__DATA RECORDS__

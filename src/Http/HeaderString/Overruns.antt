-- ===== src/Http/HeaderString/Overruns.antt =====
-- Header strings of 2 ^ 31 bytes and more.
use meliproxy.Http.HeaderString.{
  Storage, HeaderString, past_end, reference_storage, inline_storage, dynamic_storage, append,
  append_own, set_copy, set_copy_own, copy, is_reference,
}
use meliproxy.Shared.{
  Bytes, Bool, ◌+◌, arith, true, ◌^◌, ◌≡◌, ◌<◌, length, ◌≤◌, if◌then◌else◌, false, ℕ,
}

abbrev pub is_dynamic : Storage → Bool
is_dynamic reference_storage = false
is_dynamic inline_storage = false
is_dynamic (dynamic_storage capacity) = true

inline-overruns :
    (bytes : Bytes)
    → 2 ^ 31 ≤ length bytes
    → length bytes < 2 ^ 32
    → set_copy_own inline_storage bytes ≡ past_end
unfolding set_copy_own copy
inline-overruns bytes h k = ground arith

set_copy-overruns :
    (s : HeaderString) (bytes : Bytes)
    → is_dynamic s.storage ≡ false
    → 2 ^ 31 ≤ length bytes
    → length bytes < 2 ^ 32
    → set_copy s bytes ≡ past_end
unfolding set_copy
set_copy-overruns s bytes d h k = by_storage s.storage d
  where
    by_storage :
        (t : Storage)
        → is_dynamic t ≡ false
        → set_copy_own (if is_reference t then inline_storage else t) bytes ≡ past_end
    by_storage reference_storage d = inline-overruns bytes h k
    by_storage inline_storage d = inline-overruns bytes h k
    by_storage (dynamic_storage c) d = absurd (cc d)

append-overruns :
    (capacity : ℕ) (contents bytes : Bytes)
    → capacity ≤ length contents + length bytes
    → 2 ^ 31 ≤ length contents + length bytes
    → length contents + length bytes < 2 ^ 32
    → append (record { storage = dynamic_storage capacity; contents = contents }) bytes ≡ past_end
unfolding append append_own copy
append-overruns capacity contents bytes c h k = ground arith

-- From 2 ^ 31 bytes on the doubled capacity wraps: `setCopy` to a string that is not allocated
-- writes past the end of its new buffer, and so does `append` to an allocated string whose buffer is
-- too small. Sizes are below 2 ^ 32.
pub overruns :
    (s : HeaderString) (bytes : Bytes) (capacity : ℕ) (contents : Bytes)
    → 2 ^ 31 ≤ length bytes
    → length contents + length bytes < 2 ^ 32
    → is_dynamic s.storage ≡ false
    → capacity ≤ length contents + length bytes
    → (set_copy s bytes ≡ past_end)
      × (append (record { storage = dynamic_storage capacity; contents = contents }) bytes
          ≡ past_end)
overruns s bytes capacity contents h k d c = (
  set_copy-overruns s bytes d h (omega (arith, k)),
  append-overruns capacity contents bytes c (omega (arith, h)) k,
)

...

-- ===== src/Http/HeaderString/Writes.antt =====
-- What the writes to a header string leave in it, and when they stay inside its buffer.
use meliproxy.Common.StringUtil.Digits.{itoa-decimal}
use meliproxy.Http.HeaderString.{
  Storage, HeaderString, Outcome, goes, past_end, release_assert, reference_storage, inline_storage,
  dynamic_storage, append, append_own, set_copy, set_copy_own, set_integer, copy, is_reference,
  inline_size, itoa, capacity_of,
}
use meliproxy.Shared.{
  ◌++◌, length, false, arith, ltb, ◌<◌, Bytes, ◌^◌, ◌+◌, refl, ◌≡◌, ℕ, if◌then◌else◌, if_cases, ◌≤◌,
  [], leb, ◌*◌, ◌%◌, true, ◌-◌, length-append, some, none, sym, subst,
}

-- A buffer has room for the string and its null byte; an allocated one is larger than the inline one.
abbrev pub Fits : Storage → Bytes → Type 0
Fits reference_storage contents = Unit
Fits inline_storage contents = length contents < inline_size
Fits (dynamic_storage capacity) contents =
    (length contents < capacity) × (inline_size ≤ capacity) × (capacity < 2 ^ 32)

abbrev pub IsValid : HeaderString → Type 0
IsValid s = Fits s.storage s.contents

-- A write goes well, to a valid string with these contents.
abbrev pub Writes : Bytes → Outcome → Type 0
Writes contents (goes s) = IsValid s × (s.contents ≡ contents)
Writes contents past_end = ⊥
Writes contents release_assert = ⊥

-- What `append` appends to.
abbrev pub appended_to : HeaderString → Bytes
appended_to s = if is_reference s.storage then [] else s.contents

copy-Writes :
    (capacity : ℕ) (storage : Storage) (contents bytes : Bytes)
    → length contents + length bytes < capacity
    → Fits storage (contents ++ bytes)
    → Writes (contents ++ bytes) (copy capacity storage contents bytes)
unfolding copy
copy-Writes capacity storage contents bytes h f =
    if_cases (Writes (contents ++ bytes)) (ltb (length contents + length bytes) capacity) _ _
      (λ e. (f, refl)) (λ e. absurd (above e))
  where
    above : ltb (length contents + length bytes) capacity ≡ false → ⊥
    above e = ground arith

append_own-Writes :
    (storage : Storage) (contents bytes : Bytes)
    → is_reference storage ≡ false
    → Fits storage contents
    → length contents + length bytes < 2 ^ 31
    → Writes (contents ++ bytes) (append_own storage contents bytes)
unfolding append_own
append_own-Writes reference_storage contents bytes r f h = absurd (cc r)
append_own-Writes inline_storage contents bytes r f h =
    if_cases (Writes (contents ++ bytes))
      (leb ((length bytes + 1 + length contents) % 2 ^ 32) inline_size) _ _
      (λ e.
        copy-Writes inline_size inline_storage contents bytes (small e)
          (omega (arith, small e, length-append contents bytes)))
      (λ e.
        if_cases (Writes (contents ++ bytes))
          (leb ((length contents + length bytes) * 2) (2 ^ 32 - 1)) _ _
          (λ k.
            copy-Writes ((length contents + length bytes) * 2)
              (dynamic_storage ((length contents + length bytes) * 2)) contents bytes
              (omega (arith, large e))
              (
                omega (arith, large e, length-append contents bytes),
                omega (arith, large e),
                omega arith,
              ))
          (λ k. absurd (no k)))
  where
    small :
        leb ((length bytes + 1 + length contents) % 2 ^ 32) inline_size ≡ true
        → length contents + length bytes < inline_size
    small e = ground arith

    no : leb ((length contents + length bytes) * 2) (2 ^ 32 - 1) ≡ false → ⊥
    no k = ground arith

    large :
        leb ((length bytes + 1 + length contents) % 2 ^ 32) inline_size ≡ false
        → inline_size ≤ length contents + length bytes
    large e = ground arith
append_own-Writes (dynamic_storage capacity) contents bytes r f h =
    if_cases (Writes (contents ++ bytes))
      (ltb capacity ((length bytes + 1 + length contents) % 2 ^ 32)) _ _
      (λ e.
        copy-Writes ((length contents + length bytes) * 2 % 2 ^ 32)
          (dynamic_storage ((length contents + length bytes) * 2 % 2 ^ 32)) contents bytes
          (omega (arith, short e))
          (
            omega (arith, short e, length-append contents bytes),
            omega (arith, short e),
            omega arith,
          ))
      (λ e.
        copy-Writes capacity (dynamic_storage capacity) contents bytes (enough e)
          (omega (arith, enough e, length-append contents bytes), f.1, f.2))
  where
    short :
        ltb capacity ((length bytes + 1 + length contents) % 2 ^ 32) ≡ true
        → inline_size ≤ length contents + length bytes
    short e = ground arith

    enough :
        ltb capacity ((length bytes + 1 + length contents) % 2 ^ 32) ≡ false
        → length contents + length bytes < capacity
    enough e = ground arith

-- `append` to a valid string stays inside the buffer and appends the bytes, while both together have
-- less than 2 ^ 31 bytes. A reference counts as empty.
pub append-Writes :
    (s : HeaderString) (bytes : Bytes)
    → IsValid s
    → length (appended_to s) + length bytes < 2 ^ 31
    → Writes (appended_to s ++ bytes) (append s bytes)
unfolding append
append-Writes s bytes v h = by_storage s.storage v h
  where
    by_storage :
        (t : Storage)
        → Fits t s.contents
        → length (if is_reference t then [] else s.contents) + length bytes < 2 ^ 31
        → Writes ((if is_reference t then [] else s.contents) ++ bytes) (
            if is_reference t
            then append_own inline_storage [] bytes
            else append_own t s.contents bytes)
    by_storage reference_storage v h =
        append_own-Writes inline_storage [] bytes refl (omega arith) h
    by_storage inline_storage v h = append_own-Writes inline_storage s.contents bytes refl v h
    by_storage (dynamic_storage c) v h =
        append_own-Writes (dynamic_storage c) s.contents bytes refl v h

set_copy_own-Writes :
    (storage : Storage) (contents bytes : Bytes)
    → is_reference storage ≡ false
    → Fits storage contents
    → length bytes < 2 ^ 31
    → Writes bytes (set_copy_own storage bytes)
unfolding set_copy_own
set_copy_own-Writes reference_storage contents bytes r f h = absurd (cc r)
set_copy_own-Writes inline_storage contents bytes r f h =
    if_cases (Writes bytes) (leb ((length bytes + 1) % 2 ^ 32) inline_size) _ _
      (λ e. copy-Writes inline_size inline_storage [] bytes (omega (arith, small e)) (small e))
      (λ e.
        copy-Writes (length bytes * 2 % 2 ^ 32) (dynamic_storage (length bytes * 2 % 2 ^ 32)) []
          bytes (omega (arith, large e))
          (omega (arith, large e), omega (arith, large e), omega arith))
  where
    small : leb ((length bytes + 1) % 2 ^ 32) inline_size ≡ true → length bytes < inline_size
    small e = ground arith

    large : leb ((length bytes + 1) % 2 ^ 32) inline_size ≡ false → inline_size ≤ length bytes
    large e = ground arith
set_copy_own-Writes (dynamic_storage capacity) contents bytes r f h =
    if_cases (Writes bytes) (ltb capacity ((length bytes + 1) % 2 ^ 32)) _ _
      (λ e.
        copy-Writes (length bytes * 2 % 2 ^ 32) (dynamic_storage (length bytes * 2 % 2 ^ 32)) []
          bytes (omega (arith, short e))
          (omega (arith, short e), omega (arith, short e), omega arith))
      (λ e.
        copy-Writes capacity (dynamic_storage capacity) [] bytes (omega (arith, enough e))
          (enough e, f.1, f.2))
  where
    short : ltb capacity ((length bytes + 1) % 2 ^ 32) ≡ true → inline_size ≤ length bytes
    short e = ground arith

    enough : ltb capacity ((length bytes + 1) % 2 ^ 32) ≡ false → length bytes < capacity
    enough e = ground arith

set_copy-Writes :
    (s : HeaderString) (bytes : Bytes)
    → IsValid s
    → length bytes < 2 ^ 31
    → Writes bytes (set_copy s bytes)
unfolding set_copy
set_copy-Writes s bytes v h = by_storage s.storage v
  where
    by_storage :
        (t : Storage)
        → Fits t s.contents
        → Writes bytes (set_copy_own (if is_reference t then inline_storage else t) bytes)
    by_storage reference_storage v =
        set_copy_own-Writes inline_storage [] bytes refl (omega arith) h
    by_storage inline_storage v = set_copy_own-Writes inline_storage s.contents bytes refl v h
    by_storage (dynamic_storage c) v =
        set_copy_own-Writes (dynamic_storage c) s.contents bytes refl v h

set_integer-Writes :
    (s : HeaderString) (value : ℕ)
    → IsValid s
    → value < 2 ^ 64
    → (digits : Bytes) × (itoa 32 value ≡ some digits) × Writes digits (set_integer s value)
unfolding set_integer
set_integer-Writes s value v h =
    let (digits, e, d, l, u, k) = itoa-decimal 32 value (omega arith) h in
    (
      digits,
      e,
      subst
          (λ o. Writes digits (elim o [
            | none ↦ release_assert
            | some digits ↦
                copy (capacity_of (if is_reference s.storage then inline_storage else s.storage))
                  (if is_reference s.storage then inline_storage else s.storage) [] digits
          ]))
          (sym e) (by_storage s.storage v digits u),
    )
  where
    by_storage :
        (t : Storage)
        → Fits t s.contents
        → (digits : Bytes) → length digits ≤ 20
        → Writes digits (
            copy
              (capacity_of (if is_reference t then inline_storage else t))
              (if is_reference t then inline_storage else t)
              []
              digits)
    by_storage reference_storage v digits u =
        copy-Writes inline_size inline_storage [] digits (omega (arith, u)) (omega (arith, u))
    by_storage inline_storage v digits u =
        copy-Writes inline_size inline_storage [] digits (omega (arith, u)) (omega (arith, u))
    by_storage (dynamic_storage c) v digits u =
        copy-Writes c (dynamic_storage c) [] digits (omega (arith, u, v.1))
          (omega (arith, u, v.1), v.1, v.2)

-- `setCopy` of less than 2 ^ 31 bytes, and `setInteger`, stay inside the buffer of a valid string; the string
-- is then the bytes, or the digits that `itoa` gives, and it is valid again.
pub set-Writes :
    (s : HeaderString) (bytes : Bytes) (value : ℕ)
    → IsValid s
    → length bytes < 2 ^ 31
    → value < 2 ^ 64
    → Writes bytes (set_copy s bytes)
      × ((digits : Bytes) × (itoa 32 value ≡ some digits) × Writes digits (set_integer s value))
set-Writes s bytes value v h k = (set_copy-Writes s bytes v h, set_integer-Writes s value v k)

--

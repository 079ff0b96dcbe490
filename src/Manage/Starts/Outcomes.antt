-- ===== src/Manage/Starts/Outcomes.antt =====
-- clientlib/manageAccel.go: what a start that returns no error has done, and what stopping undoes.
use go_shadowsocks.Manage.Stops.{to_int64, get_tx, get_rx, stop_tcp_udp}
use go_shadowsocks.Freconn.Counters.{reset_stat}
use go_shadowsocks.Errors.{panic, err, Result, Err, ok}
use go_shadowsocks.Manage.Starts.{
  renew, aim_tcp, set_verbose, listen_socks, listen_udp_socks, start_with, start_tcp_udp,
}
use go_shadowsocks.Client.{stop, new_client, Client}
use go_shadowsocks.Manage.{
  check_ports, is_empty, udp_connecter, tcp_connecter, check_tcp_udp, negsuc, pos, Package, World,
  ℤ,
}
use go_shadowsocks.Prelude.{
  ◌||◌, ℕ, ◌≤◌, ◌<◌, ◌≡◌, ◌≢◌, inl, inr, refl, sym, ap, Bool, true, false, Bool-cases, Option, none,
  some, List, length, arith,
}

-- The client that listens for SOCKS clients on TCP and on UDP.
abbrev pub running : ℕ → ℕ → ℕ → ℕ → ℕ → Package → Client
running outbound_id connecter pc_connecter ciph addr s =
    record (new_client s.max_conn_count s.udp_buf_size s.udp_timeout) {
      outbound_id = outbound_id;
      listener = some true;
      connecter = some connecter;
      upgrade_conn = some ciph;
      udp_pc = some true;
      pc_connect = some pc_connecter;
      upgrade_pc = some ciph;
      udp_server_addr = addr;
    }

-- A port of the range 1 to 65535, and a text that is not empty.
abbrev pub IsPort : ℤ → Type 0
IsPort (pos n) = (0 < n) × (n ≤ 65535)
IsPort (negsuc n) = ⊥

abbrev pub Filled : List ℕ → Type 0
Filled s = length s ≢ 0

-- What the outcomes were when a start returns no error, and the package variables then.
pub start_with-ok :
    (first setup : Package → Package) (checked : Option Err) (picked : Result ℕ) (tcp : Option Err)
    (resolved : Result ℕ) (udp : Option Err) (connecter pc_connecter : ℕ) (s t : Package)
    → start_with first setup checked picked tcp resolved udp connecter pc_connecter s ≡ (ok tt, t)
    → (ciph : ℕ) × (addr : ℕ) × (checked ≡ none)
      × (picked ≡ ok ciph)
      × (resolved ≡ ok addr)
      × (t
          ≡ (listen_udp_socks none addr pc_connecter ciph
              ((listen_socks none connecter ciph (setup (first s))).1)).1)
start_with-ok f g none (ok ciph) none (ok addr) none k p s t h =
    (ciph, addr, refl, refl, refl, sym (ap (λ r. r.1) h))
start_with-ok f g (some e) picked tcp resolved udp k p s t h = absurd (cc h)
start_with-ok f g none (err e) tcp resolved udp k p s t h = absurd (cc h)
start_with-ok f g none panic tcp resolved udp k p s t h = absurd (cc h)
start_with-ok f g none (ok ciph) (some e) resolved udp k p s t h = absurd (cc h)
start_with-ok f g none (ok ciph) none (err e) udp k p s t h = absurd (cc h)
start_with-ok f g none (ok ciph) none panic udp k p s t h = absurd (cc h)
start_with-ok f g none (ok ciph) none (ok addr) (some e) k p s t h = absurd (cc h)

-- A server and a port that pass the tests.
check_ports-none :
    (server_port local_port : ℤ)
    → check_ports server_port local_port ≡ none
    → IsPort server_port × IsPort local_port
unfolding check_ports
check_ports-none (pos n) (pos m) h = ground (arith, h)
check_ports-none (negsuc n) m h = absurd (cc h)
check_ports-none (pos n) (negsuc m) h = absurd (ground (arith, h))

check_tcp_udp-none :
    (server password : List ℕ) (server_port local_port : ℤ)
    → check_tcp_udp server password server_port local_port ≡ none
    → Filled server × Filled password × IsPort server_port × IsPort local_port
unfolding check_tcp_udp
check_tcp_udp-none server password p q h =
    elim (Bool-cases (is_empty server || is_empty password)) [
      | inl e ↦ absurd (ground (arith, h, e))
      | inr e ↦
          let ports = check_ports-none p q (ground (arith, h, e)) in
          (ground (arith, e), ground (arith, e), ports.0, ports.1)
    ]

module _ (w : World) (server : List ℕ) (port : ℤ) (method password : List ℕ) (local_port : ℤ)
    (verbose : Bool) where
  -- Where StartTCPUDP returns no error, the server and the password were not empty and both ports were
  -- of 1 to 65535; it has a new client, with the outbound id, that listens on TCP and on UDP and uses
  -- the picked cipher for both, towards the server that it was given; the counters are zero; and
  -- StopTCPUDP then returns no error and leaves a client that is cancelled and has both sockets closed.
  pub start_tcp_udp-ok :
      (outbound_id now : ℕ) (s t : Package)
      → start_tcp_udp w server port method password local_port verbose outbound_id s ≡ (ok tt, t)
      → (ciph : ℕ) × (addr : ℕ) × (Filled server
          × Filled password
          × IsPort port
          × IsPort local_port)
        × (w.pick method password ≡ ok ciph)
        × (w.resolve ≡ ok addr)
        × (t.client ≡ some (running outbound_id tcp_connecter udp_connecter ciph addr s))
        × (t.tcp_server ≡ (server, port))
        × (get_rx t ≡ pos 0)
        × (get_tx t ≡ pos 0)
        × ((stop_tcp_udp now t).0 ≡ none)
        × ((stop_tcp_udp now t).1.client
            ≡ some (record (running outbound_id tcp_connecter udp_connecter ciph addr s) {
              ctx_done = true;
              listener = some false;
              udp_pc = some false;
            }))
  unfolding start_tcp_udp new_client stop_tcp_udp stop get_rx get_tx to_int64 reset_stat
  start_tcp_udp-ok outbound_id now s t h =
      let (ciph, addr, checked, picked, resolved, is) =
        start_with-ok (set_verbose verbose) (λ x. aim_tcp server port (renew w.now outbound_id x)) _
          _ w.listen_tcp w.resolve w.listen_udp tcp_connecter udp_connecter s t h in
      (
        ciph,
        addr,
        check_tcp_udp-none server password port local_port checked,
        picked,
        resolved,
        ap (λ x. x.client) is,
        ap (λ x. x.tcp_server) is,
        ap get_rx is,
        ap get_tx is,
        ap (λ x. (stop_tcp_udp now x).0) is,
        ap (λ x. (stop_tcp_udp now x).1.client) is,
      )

__REQUIRED WORK__
List every line in the records above that contains the word "than".

__SOLVED PROBLEM__
-- A buffer has room for the string and its null byte; an allocated one is larger than the inline one.
-- less than 2 ^ 31 bytes. A reference counts as empty.
-- `setCopy` of less than 2 ^ 31 bytes, and `setInteger`, stay inside the buffer of a valid string; the string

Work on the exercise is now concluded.